Problem description | Copy out every line of the records in which "adds" can be found.

- Opening Delimiter -

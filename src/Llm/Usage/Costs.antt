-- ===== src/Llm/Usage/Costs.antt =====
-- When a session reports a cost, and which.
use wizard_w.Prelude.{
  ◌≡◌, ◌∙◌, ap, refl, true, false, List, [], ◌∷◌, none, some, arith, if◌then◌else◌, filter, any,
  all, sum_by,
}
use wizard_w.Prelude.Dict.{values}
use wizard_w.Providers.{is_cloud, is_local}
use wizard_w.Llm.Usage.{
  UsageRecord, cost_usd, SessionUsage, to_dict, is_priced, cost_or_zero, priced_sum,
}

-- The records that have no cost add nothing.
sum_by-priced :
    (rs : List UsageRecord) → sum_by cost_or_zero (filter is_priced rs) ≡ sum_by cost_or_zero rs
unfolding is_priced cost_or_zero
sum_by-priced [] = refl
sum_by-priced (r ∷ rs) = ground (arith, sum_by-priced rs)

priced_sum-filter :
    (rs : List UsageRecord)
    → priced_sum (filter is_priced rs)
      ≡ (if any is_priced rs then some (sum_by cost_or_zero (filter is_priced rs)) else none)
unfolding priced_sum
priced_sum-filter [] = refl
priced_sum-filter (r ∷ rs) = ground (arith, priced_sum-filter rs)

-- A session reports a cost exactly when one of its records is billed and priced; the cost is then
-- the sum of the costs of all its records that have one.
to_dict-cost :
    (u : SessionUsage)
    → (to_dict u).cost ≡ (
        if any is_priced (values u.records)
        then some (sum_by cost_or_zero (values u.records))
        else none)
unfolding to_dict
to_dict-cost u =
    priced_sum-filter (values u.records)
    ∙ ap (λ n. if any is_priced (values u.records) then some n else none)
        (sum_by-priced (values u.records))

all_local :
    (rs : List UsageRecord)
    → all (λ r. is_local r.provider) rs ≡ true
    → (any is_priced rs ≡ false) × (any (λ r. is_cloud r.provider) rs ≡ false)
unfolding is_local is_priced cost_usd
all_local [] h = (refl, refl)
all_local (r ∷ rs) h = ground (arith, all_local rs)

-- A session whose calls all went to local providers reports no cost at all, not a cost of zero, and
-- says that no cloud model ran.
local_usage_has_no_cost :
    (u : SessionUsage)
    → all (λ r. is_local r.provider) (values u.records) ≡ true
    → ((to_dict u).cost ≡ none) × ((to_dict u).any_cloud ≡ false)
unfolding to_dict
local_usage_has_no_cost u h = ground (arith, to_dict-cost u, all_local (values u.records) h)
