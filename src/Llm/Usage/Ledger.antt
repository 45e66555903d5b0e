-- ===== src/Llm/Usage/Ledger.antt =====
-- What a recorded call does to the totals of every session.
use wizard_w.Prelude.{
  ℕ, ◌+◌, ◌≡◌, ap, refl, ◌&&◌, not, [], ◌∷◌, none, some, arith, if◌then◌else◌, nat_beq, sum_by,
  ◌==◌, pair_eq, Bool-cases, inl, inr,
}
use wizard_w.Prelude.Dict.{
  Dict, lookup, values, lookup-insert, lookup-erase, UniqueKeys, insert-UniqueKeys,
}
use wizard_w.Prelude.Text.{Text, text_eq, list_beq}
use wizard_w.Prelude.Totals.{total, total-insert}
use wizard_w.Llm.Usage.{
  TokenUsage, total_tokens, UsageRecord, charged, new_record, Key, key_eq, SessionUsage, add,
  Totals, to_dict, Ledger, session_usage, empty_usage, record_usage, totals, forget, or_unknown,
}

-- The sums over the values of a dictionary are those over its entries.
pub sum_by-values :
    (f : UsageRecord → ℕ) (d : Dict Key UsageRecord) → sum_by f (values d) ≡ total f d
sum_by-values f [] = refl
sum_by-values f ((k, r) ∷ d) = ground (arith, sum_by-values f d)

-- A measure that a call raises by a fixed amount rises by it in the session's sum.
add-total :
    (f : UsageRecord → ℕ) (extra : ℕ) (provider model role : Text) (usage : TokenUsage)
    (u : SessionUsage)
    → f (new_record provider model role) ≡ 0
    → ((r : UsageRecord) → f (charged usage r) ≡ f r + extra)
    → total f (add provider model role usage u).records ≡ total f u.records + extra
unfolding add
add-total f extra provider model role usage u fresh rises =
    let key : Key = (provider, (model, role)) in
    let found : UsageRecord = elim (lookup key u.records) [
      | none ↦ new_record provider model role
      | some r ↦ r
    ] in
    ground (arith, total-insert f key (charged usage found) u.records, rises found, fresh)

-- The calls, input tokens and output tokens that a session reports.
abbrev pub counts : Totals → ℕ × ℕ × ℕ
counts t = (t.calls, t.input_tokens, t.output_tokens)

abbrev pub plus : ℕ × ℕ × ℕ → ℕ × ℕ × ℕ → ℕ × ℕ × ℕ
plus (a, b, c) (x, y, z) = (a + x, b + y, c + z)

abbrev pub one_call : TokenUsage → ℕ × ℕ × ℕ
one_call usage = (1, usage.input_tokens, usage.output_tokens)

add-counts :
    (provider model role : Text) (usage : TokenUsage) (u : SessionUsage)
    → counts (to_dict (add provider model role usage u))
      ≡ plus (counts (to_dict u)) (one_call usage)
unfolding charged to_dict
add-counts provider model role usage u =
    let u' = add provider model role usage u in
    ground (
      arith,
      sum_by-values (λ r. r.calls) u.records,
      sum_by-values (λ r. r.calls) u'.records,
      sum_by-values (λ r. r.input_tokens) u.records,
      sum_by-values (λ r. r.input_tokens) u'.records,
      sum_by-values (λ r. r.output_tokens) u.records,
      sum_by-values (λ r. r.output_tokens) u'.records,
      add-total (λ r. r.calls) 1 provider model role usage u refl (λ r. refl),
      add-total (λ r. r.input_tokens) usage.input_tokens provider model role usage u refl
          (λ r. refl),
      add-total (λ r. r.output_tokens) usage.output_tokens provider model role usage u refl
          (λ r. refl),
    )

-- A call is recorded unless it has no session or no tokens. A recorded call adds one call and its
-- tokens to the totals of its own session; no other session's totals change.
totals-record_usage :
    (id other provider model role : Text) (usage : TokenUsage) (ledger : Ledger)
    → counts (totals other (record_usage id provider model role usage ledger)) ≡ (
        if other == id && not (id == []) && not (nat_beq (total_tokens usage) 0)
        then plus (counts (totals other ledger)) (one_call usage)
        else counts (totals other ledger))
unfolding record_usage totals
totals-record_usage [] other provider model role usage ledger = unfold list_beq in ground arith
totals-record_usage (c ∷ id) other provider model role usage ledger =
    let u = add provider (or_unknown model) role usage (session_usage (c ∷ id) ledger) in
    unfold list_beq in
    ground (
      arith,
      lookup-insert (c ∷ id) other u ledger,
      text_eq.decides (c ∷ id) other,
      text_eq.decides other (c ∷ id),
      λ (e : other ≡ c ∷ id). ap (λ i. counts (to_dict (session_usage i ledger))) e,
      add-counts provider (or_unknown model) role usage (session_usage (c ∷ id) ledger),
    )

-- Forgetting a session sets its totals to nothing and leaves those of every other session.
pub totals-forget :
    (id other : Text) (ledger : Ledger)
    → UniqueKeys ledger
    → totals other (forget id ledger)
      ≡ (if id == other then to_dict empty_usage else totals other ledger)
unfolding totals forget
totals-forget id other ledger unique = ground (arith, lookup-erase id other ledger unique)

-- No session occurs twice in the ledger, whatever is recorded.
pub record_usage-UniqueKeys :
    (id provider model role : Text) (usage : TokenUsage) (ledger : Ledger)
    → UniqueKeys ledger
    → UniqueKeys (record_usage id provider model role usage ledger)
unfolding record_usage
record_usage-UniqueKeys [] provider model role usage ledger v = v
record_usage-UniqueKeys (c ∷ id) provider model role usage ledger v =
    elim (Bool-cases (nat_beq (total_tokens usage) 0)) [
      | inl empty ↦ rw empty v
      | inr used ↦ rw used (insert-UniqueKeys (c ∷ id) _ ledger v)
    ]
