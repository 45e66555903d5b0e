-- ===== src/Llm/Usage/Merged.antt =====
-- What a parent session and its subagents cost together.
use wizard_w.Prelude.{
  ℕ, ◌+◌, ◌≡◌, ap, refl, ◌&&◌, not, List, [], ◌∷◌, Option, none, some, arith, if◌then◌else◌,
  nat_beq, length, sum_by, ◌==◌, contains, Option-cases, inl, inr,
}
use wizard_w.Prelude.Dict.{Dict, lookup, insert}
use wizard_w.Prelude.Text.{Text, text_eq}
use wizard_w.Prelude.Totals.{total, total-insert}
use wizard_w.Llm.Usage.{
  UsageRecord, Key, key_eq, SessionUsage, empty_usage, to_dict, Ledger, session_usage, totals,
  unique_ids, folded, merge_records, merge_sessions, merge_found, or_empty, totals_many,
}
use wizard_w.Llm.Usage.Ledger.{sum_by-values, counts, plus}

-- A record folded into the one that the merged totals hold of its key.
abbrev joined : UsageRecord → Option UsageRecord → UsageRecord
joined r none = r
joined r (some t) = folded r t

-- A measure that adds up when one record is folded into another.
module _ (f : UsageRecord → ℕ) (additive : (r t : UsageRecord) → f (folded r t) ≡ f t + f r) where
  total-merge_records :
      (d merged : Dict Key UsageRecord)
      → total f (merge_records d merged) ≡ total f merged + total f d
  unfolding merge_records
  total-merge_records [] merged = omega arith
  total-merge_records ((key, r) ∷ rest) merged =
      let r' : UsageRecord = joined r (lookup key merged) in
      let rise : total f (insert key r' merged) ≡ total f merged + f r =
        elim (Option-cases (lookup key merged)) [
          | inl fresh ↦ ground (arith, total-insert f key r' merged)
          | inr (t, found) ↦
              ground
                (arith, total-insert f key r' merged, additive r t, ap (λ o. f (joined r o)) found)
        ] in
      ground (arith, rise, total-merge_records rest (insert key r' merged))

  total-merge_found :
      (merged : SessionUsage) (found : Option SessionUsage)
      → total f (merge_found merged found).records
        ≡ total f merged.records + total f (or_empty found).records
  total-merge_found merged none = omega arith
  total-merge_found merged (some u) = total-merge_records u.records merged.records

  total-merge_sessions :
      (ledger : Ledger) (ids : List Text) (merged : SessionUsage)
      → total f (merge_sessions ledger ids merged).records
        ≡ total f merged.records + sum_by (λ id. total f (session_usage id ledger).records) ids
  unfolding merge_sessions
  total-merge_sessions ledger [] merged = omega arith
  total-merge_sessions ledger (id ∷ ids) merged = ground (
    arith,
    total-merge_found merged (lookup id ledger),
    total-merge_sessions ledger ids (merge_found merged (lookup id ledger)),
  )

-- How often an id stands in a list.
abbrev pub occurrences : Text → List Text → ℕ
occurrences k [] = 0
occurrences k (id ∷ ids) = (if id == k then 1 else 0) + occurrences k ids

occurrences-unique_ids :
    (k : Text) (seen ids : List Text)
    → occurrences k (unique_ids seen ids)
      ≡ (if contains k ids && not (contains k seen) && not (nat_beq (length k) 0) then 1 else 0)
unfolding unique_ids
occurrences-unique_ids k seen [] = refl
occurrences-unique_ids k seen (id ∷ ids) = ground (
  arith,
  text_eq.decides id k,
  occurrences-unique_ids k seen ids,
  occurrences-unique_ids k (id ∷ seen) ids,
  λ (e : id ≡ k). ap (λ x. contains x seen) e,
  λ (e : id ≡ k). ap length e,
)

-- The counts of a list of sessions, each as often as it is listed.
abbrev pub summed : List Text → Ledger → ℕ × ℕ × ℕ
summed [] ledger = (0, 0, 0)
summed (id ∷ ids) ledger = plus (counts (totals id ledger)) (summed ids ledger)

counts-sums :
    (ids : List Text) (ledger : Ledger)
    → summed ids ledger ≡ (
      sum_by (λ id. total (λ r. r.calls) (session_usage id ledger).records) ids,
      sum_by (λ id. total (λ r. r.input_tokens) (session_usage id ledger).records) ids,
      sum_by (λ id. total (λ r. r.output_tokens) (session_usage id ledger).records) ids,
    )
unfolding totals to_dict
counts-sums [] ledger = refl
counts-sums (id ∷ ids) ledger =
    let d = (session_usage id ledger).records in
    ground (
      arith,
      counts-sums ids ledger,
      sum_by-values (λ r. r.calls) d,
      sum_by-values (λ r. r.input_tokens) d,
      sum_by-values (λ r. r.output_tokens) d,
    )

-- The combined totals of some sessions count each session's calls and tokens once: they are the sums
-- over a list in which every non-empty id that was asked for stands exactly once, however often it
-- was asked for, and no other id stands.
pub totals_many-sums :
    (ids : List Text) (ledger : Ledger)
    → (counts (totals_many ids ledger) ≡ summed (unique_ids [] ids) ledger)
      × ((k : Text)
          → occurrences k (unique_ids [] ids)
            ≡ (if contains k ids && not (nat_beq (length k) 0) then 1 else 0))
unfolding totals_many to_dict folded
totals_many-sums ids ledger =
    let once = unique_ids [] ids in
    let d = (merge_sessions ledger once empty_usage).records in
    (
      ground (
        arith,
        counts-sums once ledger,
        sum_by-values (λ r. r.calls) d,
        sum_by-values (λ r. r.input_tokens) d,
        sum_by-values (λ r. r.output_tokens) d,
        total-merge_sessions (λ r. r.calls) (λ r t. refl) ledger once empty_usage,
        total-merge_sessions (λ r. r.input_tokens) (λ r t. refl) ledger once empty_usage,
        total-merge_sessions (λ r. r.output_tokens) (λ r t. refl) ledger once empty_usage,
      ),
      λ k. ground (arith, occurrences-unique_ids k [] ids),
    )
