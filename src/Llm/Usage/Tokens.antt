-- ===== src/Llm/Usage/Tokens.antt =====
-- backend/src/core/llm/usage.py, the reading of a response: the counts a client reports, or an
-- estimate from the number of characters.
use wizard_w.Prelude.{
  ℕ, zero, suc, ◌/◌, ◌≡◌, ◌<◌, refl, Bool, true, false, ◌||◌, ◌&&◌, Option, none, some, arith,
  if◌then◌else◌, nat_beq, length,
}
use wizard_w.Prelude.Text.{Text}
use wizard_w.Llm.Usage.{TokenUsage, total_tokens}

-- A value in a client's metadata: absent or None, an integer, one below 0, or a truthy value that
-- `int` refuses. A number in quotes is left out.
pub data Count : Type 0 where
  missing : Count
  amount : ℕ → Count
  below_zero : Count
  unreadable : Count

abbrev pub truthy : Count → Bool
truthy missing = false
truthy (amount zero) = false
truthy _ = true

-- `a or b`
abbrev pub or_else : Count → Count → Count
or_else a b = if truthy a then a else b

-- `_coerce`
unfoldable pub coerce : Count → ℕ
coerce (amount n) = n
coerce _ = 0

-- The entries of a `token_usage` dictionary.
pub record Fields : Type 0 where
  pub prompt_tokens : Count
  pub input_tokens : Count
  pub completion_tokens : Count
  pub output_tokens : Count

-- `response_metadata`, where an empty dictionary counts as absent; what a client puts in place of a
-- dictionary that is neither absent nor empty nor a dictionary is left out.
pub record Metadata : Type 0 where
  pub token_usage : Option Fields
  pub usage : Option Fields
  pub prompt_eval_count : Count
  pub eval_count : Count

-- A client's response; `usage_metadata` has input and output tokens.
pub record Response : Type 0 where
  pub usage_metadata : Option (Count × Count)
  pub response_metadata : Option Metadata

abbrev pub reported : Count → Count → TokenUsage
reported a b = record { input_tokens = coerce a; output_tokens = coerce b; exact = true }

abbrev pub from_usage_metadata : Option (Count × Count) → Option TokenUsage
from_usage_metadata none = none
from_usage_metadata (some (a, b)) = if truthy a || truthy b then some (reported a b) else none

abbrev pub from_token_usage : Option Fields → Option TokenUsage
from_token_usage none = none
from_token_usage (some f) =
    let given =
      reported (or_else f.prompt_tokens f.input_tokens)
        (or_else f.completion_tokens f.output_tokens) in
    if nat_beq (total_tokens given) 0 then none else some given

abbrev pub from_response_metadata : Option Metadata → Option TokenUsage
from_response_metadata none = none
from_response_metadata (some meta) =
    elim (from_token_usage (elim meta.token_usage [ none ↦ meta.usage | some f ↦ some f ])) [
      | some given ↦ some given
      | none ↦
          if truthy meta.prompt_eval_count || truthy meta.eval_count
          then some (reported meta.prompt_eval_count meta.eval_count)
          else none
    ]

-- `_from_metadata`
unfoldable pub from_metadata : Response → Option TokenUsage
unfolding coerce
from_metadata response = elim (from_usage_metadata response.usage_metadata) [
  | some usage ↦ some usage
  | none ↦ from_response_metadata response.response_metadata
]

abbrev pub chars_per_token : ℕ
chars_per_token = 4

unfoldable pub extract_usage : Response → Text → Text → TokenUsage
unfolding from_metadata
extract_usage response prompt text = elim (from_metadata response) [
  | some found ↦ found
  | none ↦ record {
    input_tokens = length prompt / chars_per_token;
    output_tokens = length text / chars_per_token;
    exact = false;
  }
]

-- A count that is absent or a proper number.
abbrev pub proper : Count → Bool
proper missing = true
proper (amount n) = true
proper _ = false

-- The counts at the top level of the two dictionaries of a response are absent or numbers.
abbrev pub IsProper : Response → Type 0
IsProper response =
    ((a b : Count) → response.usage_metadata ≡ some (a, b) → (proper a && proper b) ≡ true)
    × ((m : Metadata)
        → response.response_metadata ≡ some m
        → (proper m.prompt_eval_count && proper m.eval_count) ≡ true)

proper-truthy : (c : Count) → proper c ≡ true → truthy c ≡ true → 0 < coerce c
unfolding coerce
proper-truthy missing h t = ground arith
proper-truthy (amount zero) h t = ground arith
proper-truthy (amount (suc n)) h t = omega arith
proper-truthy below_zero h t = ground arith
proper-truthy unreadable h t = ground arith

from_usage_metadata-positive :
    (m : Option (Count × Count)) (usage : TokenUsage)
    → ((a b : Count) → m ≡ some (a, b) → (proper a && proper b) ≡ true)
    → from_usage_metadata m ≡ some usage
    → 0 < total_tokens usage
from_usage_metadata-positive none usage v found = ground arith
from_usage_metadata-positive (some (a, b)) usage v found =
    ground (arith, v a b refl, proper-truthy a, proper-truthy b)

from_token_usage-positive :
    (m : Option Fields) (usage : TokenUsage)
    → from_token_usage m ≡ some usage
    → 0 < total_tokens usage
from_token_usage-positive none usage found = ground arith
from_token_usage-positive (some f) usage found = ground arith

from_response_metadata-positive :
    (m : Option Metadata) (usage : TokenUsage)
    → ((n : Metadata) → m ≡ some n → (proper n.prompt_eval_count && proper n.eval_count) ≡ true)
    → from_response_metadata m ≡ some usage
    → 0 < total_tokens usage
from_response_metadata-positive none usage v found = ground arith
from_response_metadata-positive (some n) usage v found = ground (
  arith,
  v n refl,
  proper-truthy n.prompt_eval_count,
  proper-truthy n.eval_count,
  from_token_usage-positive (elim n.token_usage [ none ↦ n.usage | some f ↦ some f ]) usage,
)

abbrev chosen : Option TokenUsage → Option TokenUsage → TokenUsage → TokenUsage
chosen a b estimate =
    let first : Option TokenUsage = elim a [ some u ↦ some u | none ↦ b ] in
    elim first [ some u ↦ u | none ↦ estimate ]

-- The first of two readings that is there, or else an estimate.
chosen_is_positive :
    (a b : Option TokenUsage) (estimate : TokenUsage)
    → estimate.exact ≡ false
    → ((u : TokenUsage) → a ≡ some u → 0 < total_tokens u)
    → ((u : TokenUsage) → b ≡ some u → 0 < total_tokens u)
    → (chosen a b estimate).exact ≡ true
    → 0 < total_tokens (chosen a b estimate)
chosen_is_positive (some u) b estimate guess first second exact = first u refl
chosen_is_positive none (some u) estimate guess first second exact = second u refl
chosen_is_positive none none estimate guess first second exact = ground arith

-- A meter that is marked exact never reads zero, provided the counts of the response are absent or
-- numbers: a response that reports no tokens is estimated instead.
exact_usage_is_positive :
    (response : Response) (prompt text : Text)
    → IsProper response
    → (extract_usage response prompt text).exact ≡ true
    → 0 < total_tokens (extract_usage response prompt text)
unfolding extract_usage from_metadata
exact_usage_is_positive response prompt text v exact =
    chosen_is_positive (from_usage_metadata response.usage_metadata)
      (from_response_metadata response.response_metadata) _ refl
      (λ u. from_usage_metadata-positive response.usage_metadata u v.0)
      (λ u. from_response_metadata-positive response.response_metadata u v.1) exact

- Closing Delimiter -

Exercise response |
-- A call is recorded unless it has no session or no tokens. A recorded call adds one call and its
-- A measure that adds up when one record is folded into another.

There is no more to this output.